ENTRIES PROVIDED: Begin
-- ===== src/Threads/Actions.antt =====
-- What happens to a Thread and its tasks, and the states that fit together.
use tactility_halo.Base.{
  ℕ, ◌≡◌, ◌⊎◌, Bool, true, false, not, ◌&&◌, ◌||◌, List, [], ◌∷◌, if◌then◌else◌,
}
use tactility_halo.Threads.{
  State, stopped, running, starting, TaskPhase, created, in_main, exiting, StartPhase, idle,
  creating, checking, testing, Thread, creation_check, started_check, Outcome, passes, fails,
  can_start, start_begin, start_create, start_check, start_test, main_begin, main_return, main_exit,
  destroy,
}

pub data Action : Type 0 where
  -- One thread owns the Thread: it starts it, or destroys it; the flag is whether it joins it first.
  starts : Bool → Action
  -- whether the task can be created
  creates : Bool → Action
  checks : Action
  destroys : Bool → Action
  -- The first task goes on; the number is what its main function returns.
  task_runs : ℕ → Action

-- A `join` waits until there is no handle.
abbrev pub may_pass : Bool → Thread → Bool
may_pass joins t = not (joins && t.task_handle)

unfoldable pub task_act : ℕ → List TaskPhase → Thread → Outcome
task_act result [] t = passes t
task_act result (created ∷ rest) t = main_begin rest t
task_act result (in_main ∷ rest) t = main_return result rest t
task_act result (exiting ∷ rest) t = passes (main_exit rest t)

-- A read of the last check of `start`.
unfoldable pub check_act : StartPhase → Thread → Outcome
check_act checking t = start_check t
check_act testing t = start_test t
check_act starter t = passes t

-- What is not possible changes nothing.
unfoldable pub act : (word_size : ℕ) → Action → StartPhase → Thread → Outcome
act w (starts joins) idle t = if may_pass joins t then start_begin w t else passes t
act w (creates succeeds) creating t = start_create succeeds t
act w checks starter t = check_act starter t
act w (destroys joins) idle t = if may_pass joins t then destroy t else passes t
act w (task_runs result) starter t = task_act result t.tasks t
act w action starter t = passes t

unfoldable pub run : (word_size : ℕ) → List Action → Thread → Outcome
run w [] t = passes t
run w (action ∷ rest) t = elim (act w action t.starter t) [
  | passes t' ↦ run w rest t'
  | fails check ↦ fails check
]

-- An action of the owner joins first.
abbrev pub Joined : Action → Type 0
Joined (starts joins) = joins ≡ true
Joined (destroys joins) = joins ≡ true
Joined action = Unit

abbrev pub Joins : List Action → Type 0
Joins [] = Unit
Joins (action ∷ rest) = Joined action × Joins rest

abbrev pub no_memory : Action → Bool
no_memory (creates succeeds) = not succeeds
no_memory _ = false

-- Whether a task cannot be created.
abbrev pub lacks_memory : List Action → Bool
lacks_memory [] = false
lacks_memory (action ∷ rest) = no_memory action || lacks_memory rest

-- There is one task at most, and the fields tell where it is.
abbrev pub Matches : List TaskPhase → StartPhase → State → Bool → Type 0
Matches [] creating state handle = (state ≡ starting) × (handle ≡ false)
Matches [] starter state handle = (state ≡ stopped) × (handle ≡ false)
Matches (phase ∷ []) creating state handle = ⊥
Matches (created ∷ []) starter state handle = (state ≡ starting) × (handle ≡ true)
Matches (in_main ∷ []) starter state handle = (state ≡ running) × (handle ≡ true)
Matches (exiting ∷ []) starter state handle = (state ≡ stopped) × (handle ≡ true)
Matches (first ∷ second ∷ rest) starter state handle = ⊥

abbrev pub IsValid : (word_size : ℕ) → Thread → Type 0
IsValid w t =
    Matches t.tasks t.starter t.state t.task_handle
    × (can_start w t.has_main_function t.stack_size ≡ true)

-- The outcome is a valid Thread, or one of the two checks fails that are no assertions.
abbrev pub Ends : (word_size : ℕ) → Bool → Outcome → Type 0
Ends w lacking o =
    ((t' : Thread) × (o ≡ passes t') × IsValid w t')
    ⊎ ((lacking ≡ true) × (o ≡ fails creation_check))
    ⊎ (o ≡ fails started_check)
ENTRIES PROVIDED: End
ENTRIES PROVIDED: Begin
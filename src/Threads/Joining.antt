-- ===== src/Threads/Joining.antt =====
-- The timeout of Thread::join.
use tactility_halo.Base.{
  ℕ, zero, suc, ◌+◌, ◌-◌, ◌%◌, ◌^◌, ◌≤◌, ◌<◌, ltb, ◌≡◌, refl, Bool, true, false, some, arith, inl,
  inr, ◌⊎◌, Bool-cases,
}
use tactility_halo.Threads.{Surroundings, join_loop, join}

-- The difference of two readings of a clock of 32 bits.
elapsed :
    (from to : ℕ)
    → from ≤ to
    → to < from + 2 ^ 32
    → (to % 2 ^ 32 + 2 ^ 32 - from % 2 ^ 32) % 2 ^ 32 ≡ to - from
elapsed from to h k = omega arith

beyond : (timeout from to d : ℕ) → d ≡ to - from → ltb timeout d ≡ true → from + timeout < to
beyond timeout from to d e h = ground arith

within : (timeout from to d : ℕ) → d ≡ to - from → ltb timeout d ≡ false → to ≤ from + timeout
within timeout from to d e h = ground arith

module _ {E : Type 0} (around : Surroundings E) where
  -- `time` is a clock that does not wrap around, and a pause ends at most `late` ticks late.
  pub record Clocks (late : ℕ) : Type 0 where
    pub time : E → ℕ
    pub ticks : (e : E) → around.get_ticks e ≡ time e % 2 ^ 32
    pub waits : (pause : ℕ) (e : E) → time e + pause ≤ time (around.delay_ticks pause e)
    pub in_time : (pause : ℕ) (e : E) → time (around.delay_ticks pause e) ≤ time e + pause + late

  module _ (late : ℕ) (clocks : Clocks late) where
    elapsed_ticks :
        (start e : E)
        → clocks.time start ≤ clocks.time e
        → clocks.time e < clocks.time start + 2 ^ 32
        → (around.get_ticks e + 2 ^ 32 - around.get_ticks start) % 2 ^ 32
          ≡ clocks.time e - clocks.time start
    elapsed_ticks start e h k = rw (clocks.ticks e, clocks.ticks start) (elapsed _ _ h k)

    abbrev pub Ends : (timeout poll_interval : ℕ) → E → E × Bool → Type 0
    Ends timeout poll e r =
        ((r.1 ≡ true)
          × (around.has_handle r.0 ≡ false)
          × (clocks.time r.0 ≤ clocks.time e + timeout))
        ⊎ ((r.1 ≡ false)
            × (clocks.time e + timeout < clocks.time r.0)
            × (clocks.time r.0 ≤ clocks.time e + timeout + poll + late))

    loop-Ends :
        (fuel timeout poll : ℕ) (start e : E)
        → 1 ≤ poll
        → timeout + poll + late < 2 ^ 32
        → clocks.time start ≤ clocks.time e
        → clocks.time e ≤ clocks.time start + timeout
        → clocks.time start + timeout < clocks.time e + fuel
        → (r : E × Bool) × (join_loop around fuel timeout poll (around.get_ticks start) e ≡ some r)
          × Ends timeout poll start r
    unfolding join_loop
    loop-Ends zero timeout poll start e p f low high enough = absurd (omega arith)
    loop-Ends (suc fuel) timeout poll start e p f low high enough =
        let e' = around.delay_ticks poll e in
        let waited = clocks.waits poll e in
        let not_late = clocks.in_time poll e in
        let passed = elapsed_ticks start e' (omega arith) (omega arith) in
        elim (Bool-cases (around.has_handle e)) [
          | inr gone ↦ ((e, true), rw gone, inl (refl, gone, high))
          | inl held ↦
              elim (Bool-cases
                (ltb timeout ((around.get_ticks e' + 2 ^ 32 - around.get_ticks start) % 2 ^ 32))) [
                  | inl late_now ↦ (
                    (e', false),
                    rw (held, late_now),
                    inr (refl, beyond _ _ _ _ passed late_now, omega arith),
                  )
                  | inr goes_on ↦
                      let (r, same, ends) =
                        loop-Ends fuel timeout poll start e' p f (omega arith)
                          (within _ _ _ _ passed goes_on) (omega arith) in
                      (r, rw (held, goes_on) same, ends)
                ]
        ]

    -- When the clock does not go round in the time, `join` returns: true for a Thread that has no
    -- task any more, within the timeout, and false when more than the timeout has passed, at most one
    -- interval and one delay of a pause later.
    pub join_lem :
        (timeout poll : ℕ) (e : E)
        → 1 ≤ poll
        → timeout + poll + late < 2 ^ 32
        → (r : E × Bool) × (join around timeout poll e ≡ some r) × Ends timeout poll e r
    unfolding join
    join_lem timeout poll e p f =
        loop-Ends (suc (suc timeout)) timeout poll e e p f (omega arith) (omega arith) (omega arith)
ENTRIES PROVIDED: End
§ **WHAT YOU WILL DO**
The entries above hold the needed span. Transcribe exactly the lines from the one with "task_runs : ℕ → Action" to the one with "unfoldable pub act", both included.

§ **WRITTEN RESPONSE**
  task_runs : ℕ → Action

-- A `join` waits until there is no handle.
abbrev pub may_pass : Bool → Thread → Bool
may_pass joins t = not (joins && t.task_handle)

unfoldable pub task_act : ℕ → List TaskPhase → Thread → Outcome
task_act result [] t = passes t
task_act result (created ∷ rest) t = main_begin rest t
task_act result (in_main ∷ rest) t = main_return result rest t
task_act result (exiting ∷ rest) t = passes (main_exit rest t)

-- A read of the last check of `start`.
unfoldable pub check_act : StartPhase → Thread → Outcome
check_act checking t = start_check t
check_act testing t = start_test t
check_act starter t = passes t

-- What is not possible changes nothing.
unfoldable pub act : (word_size : ℕ) → Action → StartPhase → Thread → Outcome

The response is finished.